“Bad Moms” has passed the $100 million benchmark at the domestic box office, Forbes reports. The film sees Kristen Bell, Mila Kunis, and Kathryn Hahn playing three mothers who endeavor to stop judging themselves so harshly and to bring down the “perfect moms” — a clique led by Christina Applegate.
Factoring in foreign ticket sales, the R-rated female-centric comedy has grossed over $141 million on a budget of $20 million. Consider “Bad Moms” just the latest chapter in the history of female-led films crushing it at the box office, continuing to prove that there’s a market for movies about women.
Kunis addressed the unfair expectations placed on films with female protagonists in a recent interview on ABC News’ “Popcorn With Peter Travers.” She observed, “The hardest part about all of this is when a movie that is starring women does well, everyone goes, ‘Wow, that’s amazing.’ … But when it goes bad, then everyone goes, ‘We knew it. We knew this was going to happen.’ A male-driven film, it doesn’t matter, whether it’s good or bad, no one comments on it,” Kunis explained. “It’s just either good or bad. With a female-driven film, it’s females. ‘Well this female succeeded, or this female failed.’ It’s going to have to change one day.”

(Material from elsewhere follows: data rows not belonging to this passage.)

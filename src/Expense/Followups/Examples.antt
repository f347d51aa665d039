-- ===== src/Expense/Followups/Examples.antt =====
-- A correction that is proposed for an item of the day.
use Prim.Native.String.{String}
use hanamaru_shientool_prod.Prelude.{true, none, some, [], ◌∷◌, ok, ◌≡◌, refl}
use hanamaru_shientool_prod.Prelude.Maps.{get}
use hanamaru_shientool_prod.Prelude.Text.{trim, trim_start, trim_end, is_space}
use hanamaru_shientool_prod.Json.{undefined, str, num, nat}
use hanamaru_shientool_prod.Expense.{
  text_field, amount_field, is_uuid, access, check_enabled, Context, Item, Store, candidate,
  company_wallet, manual,
}
use hanamaru_shientool_prod.Expense.Followups.{add_followup, Followup, Input, correction_proposal}

abbrev day_id : String
day_id = "00000000-0000-4000-8000-000000000001"

abbrev item_id : String
item_id = "00000000-0000-4000-8000-000000000002"

abbrev owner : Context
owner = record {
  organization_id = "org";
  membership_id = "m";
  branch_id = "b";
  roles = [];
  scopes = record { scope_type = "self"; scope_id = "m"; capabilities = "visit:self" ∷ [] } ∷ [];
}

abbrev item : Item
item = record {
  day_id = day_id;
  spent_by = "m";
  merchant = "shop";
  category = "tools";
  amount = 1200;
  payment_source = company_wallet;
  entry_source = manual;
  note = none;
  status = candidate;
  excluded_reason = none;
  confirmed_by = none;
  lock_version = 4;
}

abbrev store : Store
store = record {
  enabled = true;
  days =
      (
        day_id,
        record {
          owner = "m";
          branch_id = "b";
          business_date = "2026-09-01";
          opening_wallet_cash = none;
          purchase_total = none;
          purchase_source_note = none;
          lock_version = 1;
        },
      )
      ∷ [];
  items = (item_id, item) ∷ [];
  branch_days = [];
  ready = [];
}

abbrev input : Input
input = record {
  kind = str "correction_proposal";
  reason = str "typo";
  amount = undefined;
  reported_at = undefined;
  target_item_id = str item_id;
  proposed_amount = num (nat 1300);
}

abbrev proposal : Followup
proposal = record {
  day_id = day_id;
  kind = correction_proposal;
  amount = none;
  reason = "typo";
  target_item_id = some item_id;
  proposed_before = some (1200, 4);
  proposed_after = some 1300;
  recorded_by = "m";
  reported_at = none;
}

proposed : add_followup some store owner day_id input ≡ ok proposal
unfolding add_followup text_field amount_field is_uuid access check_enabled get trim trim_start
    trim_end is_space
proposed = refl
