-- ===== src/Expense/Followups/Recorded.antt =====
-- What a follow-up that is recorded is known to be.
use Prim.Native.String.{String}
use hanamaru_shientool_prod.Prelude.{
  ℕ, Bool, true, false, not, ◌&&◌, ◌||◌, Option, none, some, is_some, Result, ok, err, ◌≡◌, refl,
  subst, arith,
}
use hanamaru_shientool_prod.Prelude.Maps.{get}
use hanamaru_shientool_prod.Json.{Json}
use hanamaru_shientool_prod.Expense.{
  Problem, Context, Item, Store, require, or_missing, text_field, amount_field, is_uuid, access,
  check_enabled, ◌>>=◌, invalid, denied, not_found,
}
use hanamaru_shientool_prod.Expense.Items.Changes.{bind-Always, ok_injective}
use hanamaru_shientool_prod.Expense.Followups.{
  Kind, Followup, Input, kind_of, optional_amount, is_report, is_correction, is_missing,
  amount_fits, reported_of, target_of, proposed_of, before_of, only_for, in_day, add_followup,
}

-- A row that may be recorded: an amount where the kind needs one and none in a report, a reported
-- instant in a report only; a correction has a target, the amount and the version of the target before,
-- and a proposed amount.
pub record Recorded (f : Followup) : Type 0 where
  pub amount : amount_fits f.kind f.amount ≡ true
  pub instant : is_report f.kind ≡ false → f.reported_at ≡ none
  pub correction :
      is_correction f.kind ≡ true
      → (is_some f.target_item_id ≡ true)
        × (is_some f.proposed_before ≡ true)
        × (is_some f.proposed_after ≡ true)

require-true : (b : Bool) (p : Problem) (u : Unit {0}) → require b p ≡ ok u → b ≡ true
require-true true p u e = refl
require-true false p u e = absurd (ground arith)

by_amount :
    (x : Result Problem ℕ) (o : Option ℕ) → (x >>= λ n. ok (some n)) ≡ ok o → is_some o ≡ true
by_amount (ok n) o e = ground arith
by_amount (err p) o e = absurd (ground arith)

module _ (reported : String → Option String) where
  reported_none :
      (k : Kind) (v : Json) (o : Option String)
      → reported_of reported k v ≡ ok o
      → is_report k ≡ false
      → o ≡ none
  reported_none k v o e f = ground arith

  in_day_some :
      (id : String) (i : Option Item) (o : Option (ℕ × ℕ))
      → in_day reported id i ≡ ok o
      → is_some o ≡ true
  in_day_some id none o e = absurd (ground arith)
  in_day_some id (some i) o e = ground arith

  before_some :
      (s : Store) (id : String) (t : Option String) (o : Option (ℕ × ℕ))
      → before_of reported s id t ≡ ok o
      → is_some t ≡ true
      → is_some o ≡ true
  before_some s id none o e h = absurd (ground arith)
  before_some s id (some t) o e h = in_day_some id (get t s.items) o e

  proposed_some :
      (k : Kind) (v : Json) (o : Option ℕ)
      → proposed_of reported k v ≡ ok o
      → is_correction k ≡ true
      → is_some o ≡ true
  proposed_some k v o e h = by_amount (amount_field v false) o (rw h at e)

  target_some :
      (k : Kind) (t : Option String)
      → not (is_correction k && not (is_some t)) ≡ true
      → is_correction k ≡ true
      → is_some t ≡ true
  target_some k t e h = ground arith

  only_for-true :
      {A : Type 0} (b : Bool) (o : Option A)
      → b ≡ true
      → is_some o ≡ true
      → is_some (only_for reported b o) ≡ true
  only_for-true true o e h = h
  only_for-true false o e h = absurd (ground arith)

  -- A follow-up is recorded only as its kind allows: with an amount for a request, an unreplenished sum
  -- or a discrepancy and without one in a report, with a reported instant only in a report, and a
  -- correction only with a target of the day, its amount and version before, and the proposed amount.
  pub add_followup-Recorded :
      (s : Store) (ctx : Context) (id : String) (b : Input) (f : Followup)
      → add_followup reported s ctx id b ≡ ok f
      → Recorded f
  unfolding add_followup
  add_followup-Recorded s ctx id b f e =
      bind-Always Recorded (kind_of b.kind) _
        (λ k hk. bind-Always Recorded (text_field b.reason 1000) _ (λ reason h.
          bind-Always Recorded (optional_amount b.amount) _ (λ amount ha.
            bind-Always Recorded (require (amount_fits k amount) invalid) _ (λ u1 fits.
              bind-Always Recorded (require (is_report k || is_missing b.reported_at) invalid) _
                (λ u2 h. bind-Always Recorded (reported_of reported k b.reported_at) _ (λ at hr.
                  bind-Always Recorded (target_of reported b.target_item_id) _ (λ target ht.
                    bind-Always Recorded
                      (require (not (is_correction k && not (is_some target))) invalid) _
                      (λ u3 hc.
                        bind-Always Recorded (proposed_of reported k b.proposed_amount) _
                          (λ proposed hp. bind-Always Recorded (check_enabled s) _ (λ u4 h.
                            bind-Always Recorded (require (is_uuid id) not_found) _ (λ u5 h.
                              bind-Always Recorded (or_missing (get id s.days)) _ (λ day h.
                                bind-Always Recorded (access ctx day) _ (λ own h.
                                  bind-Always Recorded (require own denied) _ (λ u6 h.
                                    bind-Always Recorded (before_of reported s id target) _
                                      (λ before hb. λ row same.
                                        subst Recorded (ok_injective same) (record {
                                          amount =
                                              require-true (amount_fits k amount) invalid u1 fits;
                                          instant = reported_none k b.reported_at at hr;
                                          correction = λ c.
                                              let t =
                                                target_some k target (require-true _ invalid u3 hc)
                                                  c in
                                              (
                                                t,
                                                only_for-true (is_correction k) before c
                                                    (before_some s id target before hb t),
                                                proposed_some k b.proposed_amount proposed hp c,
                                              );
                                        }))))))))))))))))
        f e
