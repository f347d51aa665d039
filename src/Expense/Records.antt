-- ===== src/Expense/Records.antt =====
-- createDay, updateDay and the access of getDay: apps/api/src/expense.ts. The identifier of a new day is
-- an argument; `is_date` is what `date` checks of a text.
use Prim.Native.String.{String}
use hanamaru_shientool_prod.Prelude.{
  ℕ, ◌+◌, Bool, true, false, not, ◌&&◌, Option, none, some, ◌==◌, any, find, if◌then◌else◌, Result,
  ok, err,
}
use hanamaru_shientool_prod.Prelude.Text.{str_eq}
use hanamaru_shientool_prod.Prelude.Maps.{get, put}
use hanamaru_shientool_prod.Json.{Json, undefined, null, str}
use hanamaru_shientool_prod.Expense.{
  Problem, invalid, denied, version_conflict, Context, Scope, Day, Store, has, require,
  amount_field, optional_text, check_enabled, own_day, branch_key, is_closed, ◌>>=◌,
}

-- `date`.
unfoldable pub date_field : (String → Bool) → Json → Result Problem String
date_field is_date (str s) = if is_date s then ok s else err invalid
date_field is_date _ = err invalid

abbrev pub has_self : Context → Bool
has_self ctx =
    any
      (λ (s : Scope).
        str_eq s.scope_type "self"
        && (str_eq s.scope_id ctx.membership_id && has s.capabilities "visit:self"))
      ctx.scopes

abbrev same_day : String → String → String × Day → Bool
same_day owner date entry = str_eq entry.1.owner owner && str_eq entry.1.business_date date

abbrev fresh : Context → String → Day
fresh ctx date = record {
  owner = ctx.membership_id;
  branch_id = ctx.branch_id;
  business_date = date;
  opening_wallet_cash = none;
  purchase_total = none;
  purchase_source_note = none;
  lock_version = 1;
}

-- The INSERT, which returns the present day of the owner and the date if there is one.
abbrev pub placed : Store → Context → String → String → Option (String × Day) → Store × String
placed s ctx new_id date (some (id, day)) = (s, id)
placed s ctx new_id date none = (record s { days = put new_id (fresh ctx date) s.days }, new_id)

-- `createDay`.
unfoldable pub create_day :
    (String → Bool) → String → Store → Context → Json → Result Problem (Store × String)
unfolding date_field check_enabled
create_day is_date new_id s ctx value = date_field is_date value >>= (λ date.
    check_enabled s >>= (λ u.
      require (not (has ctx.roles "system_admin") && has_self ctx) denied >>= (λ v.
        require (not (is_closed (get (branch_key (fresh ctx date)) s.branch_days))) denied
        >>= (λ x. ok (placed s ctx new_id date (find (same_day ctx.membership_id date) s.days))))))

-- A field of an update: left alone, cleared or set.
pub data Change (A : Type 0) : Type 0 where
  leave : Change A
  set : Option A → Change A

unfoldable pub amount_change : Json → Result Problem (Change ℕ)
amount_change undefined = ok leave
amount_change null = ok (set none)
amount_change v = amount_field v true >>= (λ n. ok (set (some n)))

unfoldable pub note_change : Json → Result Problem (Change String)
note_change undefined = ok leave
note_change v = optional_text v 1000 >>= (λ o. ok (set o))

abbrev pub applied : {A : Type 0} → Change A → Option A → Option A
applied leave old = old
applied (set new) old = new

abbrev is_leave : {A : Type 0} → Change A → Bool
is_leave leave = true
is_leave (set new) = false

abbrev pub changed_day : Day → Change ℕ → Change ℕ → Change String → Day
changed_day d opening purchase note = record d {
  opening_wallet_cash = applied opening d.opening_wallet_cash;
  purchase_total = applied purchase d.purchase_total;
  purchase_source_note = applied note d.purchase_source_note;
  lock_version = d.lock_version + 1;
}

-- `updateDay`.
unfoldable pub update_day :
    Store → Context → String → Json → Json → Json → Json → Result Problem Store
unfolding amount_change note_change
update_day s ctx id version opening_value purchase_value note_value =
    amount_field version false >>= (λ expected. amount_change opening_value >>= (λ opening.
      amount_change purchase_value >>= (λ purchase. note_change note_value >>= (λ note.
        require (not (is_leave opening && (is_leave purchase && is_leave note))) invalid >>= (λ u.
          own_day s ctx id denied >>= (λ r.
            require (r.1.lock_version == expected) version_conflict >>= (λ v.
              ok (record r.0 {
                days = put id (changed_day r.1 opening purchase note) r.0.days;
              }))))))))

Forbes writes that the mission of “Bad Mom’s” distributor, STX Entertainment, is “to score big hits with mid-budget, star-driven studio programmers that had fallen out of fashion at the major studios. As such, after a rocky first year, this is more than just a hit. It’s a proof of concept. Moreover, it represents a clear example of the value of a ‘nothing like this in the marketplace’ multiplex offering.”
And now STX has scored a $100 million+ success story after launching less than a year ago. Forbes contextualizes the magnitude of this accomplishment: “It took Weinstein Company just under four years to score ‘Inglorious Basterds.’ Lionsgate was in existence for nine years before ‘Fahrenheit 9/11.’ Summit was around for a year before ‘Twilight’ put them on the map accordingly, but the likes of Relativity, FilmDistrict, CBS, Open Road, and A24 are either still waiting for that benchmark hit or came and went absent said milestone. “
We’re inclined to agree with Forbes’ assertion that “as more and more of these smaller distribution houses take on what used to be the studio programmer, we should be rooting for as many ‘Bad Moms’-ish breakouts as possible.”
A significant factor in the triumph of “Bad Mom’s” is its long-term success at the box office. The film hit theaters July 19, and while it didn’t open at #1, it’s still making waves at the box office. This long weekend “Bad Moms” grossed $6 million in the U.S., an increase of 7.6 percent from last weekend. As Forbes points out, the film had a $23.8 million opening weekend, so that means it “has earned a 4.36x weekend (and counting) multiplier,” making it “the leggiest wide release since Leonardo DiCaprio’s ‘The Revenant’ (and it will soon pass that one’s Oscar-boosted multiplier once it tops $112m).”
A sequel announcement seems imminent.